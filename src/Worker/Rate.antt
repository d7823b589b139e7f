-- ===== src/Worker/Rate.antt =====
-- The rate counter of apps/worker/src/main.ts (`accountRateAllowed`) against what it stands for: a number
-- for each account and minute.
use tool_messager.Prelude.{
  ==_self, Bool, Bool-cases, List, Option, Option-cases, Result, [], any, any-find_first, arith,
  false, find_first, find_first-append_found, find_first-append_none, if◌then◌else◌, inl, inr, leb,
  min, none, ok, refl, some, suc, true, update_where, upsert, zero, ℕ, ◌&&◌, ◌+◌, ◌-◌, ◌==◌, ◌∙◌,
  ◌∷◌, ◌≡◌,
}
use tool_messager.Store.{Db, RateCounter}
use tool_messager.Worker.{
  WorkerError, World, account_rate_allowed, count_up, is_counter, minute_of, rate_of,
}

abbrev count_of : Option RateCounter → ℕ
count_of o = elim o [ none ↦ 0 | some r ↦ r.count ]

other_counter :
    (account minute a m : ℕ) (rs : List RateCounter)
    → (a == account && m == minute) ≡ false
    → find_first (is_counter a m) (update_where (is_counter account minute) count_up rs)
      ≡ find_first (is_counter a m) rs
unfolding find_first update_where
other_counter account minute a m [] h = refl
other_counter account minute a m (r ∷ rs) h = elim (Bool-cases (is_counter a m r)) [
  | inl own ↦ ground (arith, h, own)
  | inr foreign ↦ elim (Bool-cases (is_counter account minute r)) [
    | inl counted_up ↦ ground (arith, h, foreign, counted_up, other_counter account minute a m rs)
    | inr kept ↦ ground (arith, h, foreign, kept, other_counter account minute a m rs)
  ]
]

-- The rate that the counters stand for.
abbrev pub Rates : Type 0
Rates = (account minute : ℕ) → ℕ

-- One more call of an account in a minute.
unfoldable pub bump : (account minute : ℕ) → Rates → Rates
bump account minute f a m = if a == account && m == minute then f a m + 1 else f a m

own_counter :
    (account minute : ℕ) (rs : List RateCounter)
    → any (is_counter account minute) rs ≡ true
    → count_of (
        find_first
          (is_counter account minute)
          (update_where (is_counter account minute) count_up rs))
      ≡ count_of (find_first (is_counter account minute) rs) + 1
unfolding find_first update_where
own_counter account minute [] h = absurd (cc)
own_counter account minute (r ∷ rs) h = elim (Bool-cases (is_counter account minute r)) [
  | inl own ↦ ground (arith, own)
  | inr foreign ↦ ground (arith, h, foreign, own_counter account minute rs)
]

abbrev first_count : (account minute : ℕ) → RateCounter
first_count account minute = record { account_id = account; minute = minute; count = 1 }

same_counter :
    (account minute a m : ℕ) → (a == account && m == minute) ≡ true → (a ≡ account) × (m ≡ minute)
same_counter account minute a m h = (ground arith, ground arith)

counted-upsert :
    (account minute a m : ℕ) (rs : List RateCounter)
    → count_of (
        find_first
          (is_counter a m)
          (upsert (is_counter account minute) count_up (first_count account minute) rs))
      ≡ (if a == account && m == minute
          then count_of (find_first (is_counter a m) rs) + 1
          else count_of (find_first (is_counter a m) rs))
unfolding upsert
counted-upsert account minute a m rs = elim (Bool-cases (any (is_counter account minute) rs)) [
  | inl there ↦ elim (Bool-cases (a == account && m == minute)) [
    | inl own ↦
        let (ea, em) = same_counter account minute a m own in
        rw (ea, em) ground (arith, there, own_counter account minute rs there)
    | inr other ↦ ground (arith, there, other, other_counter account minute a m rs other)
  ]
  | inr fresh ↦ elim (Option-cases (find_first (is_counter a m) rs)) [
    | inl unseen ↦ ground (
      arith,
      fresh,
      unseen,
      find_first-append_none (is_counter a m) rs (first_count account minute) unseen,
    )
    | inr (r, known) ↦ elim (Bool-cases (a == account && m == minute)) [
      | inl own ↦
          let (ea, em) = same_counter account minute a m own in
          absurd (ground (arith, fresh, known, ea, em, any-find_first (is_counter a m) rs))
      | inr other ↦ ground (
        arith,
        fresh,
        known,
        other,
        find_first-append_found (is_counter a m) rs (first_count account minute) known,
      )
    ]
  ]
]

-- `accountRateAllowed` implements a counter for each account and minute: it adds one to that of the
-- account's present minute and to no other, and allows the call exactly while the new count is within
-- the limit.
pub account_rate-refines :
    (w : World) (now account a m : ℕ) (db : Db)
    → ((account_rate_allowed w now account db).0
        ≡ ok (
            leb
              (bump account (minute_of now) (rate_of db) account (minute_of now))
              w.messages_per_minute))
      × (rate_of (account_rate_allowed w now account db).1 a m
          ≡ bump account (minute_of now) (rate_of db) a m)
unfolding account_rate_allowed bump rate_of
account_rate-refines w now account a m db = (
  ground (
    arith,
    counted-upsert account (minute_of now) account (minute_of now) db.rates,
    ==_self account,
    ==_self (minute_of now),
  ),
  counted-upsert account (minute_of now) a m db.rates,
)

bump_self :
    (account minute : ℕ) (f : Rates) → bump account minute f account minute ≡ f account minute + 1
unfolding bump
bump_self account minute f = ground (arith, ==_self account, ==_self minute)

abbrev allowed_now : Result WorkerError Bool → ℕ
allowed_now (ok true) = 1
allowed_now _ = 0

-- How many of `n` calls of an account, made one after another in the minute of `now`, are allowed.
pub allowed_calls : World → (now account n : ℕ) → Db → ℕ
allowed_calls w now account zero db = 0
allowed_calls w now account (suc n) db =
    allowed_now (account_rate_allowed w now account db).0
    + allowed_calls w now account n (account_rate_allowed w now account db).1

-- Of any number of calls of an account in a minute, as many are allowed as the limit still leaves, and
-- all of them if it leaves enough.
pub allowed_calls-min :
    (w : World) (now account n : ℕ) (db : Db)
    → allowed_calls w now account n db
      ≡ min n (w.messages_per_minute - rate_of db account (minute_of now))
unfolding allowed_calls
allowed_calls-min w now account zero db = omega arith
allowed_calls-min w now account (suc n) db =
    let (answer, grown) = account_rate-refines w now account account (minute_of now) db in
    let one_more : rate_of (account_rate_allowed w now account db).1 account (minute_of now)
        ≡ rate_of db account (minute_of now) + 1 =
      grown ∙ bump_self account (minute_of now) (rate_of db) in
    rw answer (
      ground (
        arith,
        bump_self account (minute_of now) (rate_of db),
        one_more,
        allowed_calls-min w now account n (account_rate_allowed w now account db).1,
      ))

* * * * * * *

Your answer should be all lines from the data that contain "World".

  WorkerError, World, account_rate_allowed, count_up, is_counter, minute_of, rate_of,
    (w : World) (now account a m : ℕ) (db : Db)
pub allowed_calls : World → (now account n : ℕ) → Db → ℕ
    (w : World) (now account n : ℕ) (db : Db)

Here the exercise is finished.